Assigned task: Repeat all of the entries, please, keeping each line exact.

Records supplied:
┄┄┄┄┄┄

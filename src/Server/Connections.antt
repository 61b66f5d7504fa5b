-- ===== src/Server/Connections.antt =====
-- What the routes owe to each connection, and that the accept loop and the sessions give it.
use mathlib.Core.List.{Forall₂}
use cs_3_boost_echo_static_s.Base.{ℕ, ◌≡◌, refl, inl, inr, Option, List, [], ◌∷◌, Bytes, All, map}
use cs_3_boost_echo_static_s.Base.Dict.{Dict}
use cs_3_boost_echo_static_s.Http.{HttpRequest, empty_response}
use cs_3_boost_echo_static_s.RequestParser.Interface.{HttpRequestParser}
use cs_3_boost_echo_static_s.RequestParser.Uri.{uri_of}
use cs_3_boost_echo_static_s.Response.{Buffer}
use cs_3_boost_echo_static_s.Response.Wire.{gather}
use cs_3_boost_echo_static_s.Server.Accept.{ServerState, IsAccounted}
use cs_3_boost_echo_static_s.Server.Routes.{
  Action, echo, files, Route, Answers, IsAction, Represents,
}
use cs_3_boost_echo_static_s.Server.Routes.Refines.{session-Answers}
use cs_3_boost_echo_static_s.Server.Session.{
  ReadError, no_error, eof, other_error, Received, Outcome, dangling, closed, caught, dispatch,
  answer, session_of, session,
}
use cs_3_boost_echo_static_s.Server.Session.Answers.{
  received, IsConfigured, Dispatched-cases, dispatch-ne-thrown,
}

IsAction-IsConfigured : (map : Dict) (action : Action) → IsAction map action → IsConfigured map
IsAction-IsConfigured map echo h = inl h
IsAction-IsConfigured map (files directory) (h, d) = inr (λ n. cc)

pub Represents-IsConfigured :
    (handlers : List Dict) (routes : List Route)
    → Represents handlers routes
    → All IsConfigured handlers
Represents-IsConfigured [] [] h = tt
Represents-IsConfigured (map ∷ handlers) (route ∷ routes) (p, a, h) =
    (IsAction-IsConfigured map route.action a, Represents-IsConfigured handlers routes h)
Represents-IsConfigured [] (route ∷ routes) h = absurd h
Represents-IsConfigured (map ∷ handlers) [] h = absurd h

module _ (lexical_cast : ℕ → Bytes) (open_file : Bytes → Option Bytes) where
  -- Buffers that showed the answer that the routes give, and whose storage is gone when `write` reads it,
  -- when the read did not fail; nothing, when the peer had closed the
  -- connection; and an exception that is caught, when the read failed otherwise.
  pub data Serves (routes : List Route) : Received → Outcome → Type 0 where
    answers :
        {input : Bytes} {buffers : List Buffer}
        → Answers lexical_cast open_file routes (uri_of input) input (gather buffers)
        → Serves routes (received input) (dangling buffers)
    leaves : {input : Bytes} → Serves routes (record { bytes = input; error = eof }) closed
    throws : {input : Bytes} → Serves routes (record { bytes = input; error = other_error }) caught

  session_of_eof :
      (handlers : List Dict) (req : HttpRequest)
      → All IsConfigured handlers
      → session_of lexical_cast open_file handlers req eof ≡ closed
  unfolding session_of answer
  session_of_eof handlers req c =
      elim (Dispatched-cases (dispatch lexical_cast open_file handlers req empty_response)) [
        | inl (r, e) ↦ rw (e, session_of) refl
        | inr (inl e) ↦ rw (e, session_of) refl
        | inr (inr e) ↦ absurd (dispatch-ne-thrown lexical_cast open_file handlers req c e)
      ]

  session_of_other_error :
      (handlers : List Dict) (req : HttpRequest)
      → session_of lexical_cast open_file handlers req other_error ≡ caught
  unfolding session_of answer
  session_of_other_error handlers req =
      elim (Dispatched-cases (dispatch lexical_cast open_file handlers req empty_response)) [
        | inl (r, e) ↦ rw (e, session_of) refl
        | inr (inl e) ↦ rw (e, session_of) refl
        | inr (inr e) ↦ rw (e, session_of) refl
      ]

  module _ (parser : HttpRequestParser) (handlers : List Dict) (routes : List Route)
      (h : Represents handlers routes) where
    pub session-Serves :
        (r : Received) → Serves routes r (session lexical_cast open_file parser handlers r)
    unfolding session
    session-Serves r = by_error r.error
      where
        by_error :
            (error : ReadError)
            → Serves routes
                (record { bytes = r.bytes; error = error })
                (session lexical_cast open_file parser handlers
                  (record { bytes = r.bytes; error = error }))
        by_error no_error =
            let (buffers, e, w) =
              session-Answers lexical_cast open_file parser handlers routes r.bytes h in
            rw e (answers ((w (gather buffers)).1 refl))
        by_error eof =
            let (p, e, _, _) = parser.answers r.bytes in
            rw (e, session)
              (rw (session_of_eof handlers _ (Represents-IsConfigured handlers routes h)) leaves)
        by_error other_error =
            let (p, e, _, _) = parser.answers r.bytes in
            rw (e, session) (rw (session_of_other_error handlers _) throws)

    sessions-Serves :
        (rs : List Received)
        → Forall₂ (Serves routes) rs (map (session lexical_cast open_file parser handlers) rs)
    sessions-Serves [] = Forall₂.nil
    sessions-Serves (r ∷ rs) = Forall₂.cons (session-Serves r) (sessions-Serves rs)

    -- If the maps of the handlers stand for routes: in every state that is reached, the ends of the
    -- threads are one for each connection that is finished, in that order, each what the routes owe to it.
    pub ended-Serves :
        {s : ServerState (session lexical_cast open_file parser handlers)}
        → (i : IsAccounted (session lexical_cast open_file parser handlers) s)
        → Forall₂ (Serves routes) i.finished s.ended
    ended-Serves {s} i = rw i.ends (sessions-Serves i.finished)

┄┄┄┄┄┄

Your response:
filename src/Server/Connections.antt
repository 61b66f5d7504fa5b
-- ===== src/Server/Connections.antt =====
-- What the routes owe to each connection, and that the accept loop and the sessions give it.
use mathlib.Core.List.{Forall₂}
use cs_3_boost_echo_static_s.Base.{ℕ, ◌≡◌, refl, inl, inr, Option, List, [], ◌∷◌, Bytes, All, map}
use cs_3_boost_echo_static_s.Base.Dict.{Dict}
use cs_3_boost_echo_static_s.Http.{HttpRequest, empty_response}
use cs_3_boost_echo_static_s.RequestParser.Interface.{HttpRequestParser}
use cs_3_boost_echo_static_s.RequestParser.Uri.{uri_of}
use cs_3_boost_echo_static_s.Response.{Buffer}
use cs_3_boost_echo_static_s.Response.Wire.{gather}
use cs_3_boost_echo_static_s.Server.Accept.{ServerState, IsAccounted}
use cs_3_boost_echo_static_s.Server.Routes.{
  Action, echo, files, Route, Answers, IsAction, Represents,
}
use cs_3_boost_echo_static_s.Server.Routes.Refines.{session-Answers}
use cs_3_boost_echo_static_s.Server.Session.{
  ReadError, no_error, eof, other_error, Received, Outcome, dangling, closed, caught, dispatch,
  answer, session_of, session,
}
use cs_3_boost_echo_static_s.Server.Session.Answers.{
  received, IsConfigured, Dispatched-cases, dispatch-ne-thrown,
}

IsAction-IsConfigured : (map : Dict) (action : Action) → IsAction map action → IsConfigured map
IsAction-IsConfigured map echo h = inl h
IsAction-IsConfigured map (files directory) (h, d) = inr (λ n. cc)

pub Represents-IsConfigured :
    (handlers : List Dict) (routes : List Route)
    → Represents handlers routes
    → All IsConfigured handlers
Represents-IsConfigured [] [] h = tt
Represents-IsConfigured (map ∷ handlers) (route ∷ routes) (p, a, h) =
    (IsAction-IsConfigured map route.action a, Represents-IsConfigured handlers routes h)
Represents-IsConfigured [] (route ∷ routes) h = absurd h
Represents-IsConfigured (map ∷ handlers) [] h = absurd h

module _ (lexical_cast : ℕ → Bytes) (open_file : Bytes → Option Bytes) where
  -- Buffers that showed the answer that the routes give, and whose storage is gone when `write` reads it,
  -- when the read did not fail; nothing, when the peer had closed the
  -- connection; and an exception that is caught, when the read failed otherwise.
  pub data Serves (routes : List Route) : Received → Outcome → Type 0 where
    answers :
        {input : Bytes} {buffers : List Buffer}
        → Answers lexical_cast open_file routes (uri_of input) input (gather buffers)
        → Serves routes (received input) (dangling buffers)
    leaves : {input : Bytes} → Serves routes (record { bytes = input; error = eof }) closed
    throws : {input : Bytes} → Serves routes (record { bytes = input; error = other_error }) caught

  session_of_eof :
      (handlers : List Dict) (req : HttpRequest)
      → All IsConfigured handlers
      → session_of lexical_cast open_file handlers req eof ≡ closed
  unfolding session_of answer
  session_of_eof handlers req c =
      elim (Dispatched-cases (dispatch lexical_cast open_file handlers req empty_response)) [
        | inl (r, e) ↦ rw (e, session_of) refl
        | inr (inl e) ↦ rw (e, session_of) refl
        | inr (inr e) ↦ absurd (dispatch-ne-thrown lexical_cast open_file handlers req c e)
      ]

  session_of_other_error :
      (handlers : List Dict) (req : HttpRequest)
      → session_of lexical_cast open_file handlers req other_error ≡ caught
  unfolding session_of answer
  session_of_other_error handlers req =
      elim (Dispatched-cases (dispatch lexical_cast open_file handlers req empty_response)) [
        | inl (r, e) ↦ rw (e, session_of) refl
        | inr (inl e) ↦ rw (e, session_of) refl
        | inr (inr e) ↦ rw (e, session_of) refl
      ]

  module _ (parser : HttpRequestParser) (handlers : List Dict) (routes : List Route)
      (h : Represents handlers routes) where
    pub session-Serves :
        (r : Received) → Serves routes r (session lexical_cast open_file parser handlers r)
    unfolding session
    session-Serves r = by_error r.error
      where
        by_error :
            (error : ReadError)
            → Serves routes
                (record { bytes = r.bytes; error = error })
                (session lexical_cast open_file parser handlers
                  (record { bytes = r.bytes; error = error }))
        by_error no_error =
            let (buffers, e, w) =
              session-Answers lexical_cast open_file parser handlers routes r.bytes h in
            rw e (answers ((w (gather buffers)).1 refl))
        by_error eof =
            let (p, e, _, _) = parser.answers r.bytes in
            rw (e, session)
              (rw (session_of_eof handlers _ (Represents-IsConfigured handlers routes h)) leaves)
        by_error other_error =
            let (p, e, _, _) = parser.answers r.bytes in
            rw (e, session) (rw (session_of_other_error handlers _) throws)

    sessions-Serves :
        (rs : List Received)
        → Forall₂ (Serves routes) rs (map (session lexical_cast open_file parser handlers) rs)
    sessions-Serves [] = Forall₂.nil
    sessions-Serves (r ∷ rs) = Forall₂.cons (session-Serves r) (sessions-Serves rs)

    -- If the maps of the handlers stand for routes: in every state that is reached, the ends of the
    -- threads are one for each connection that is finished, in that order, each what the routes owe to it.
    pub ended-Serves :
        {s : ServerState (session lexical_cast open_file parser handlers)}
        → (i : IsAccounted (session lexical_cast open_file parser handlers) s)
        → Forall₂ (Serves routes) i.finished s.ended
    ended-Serves {s} i = rw i.ends (sessions-Serves i.finished)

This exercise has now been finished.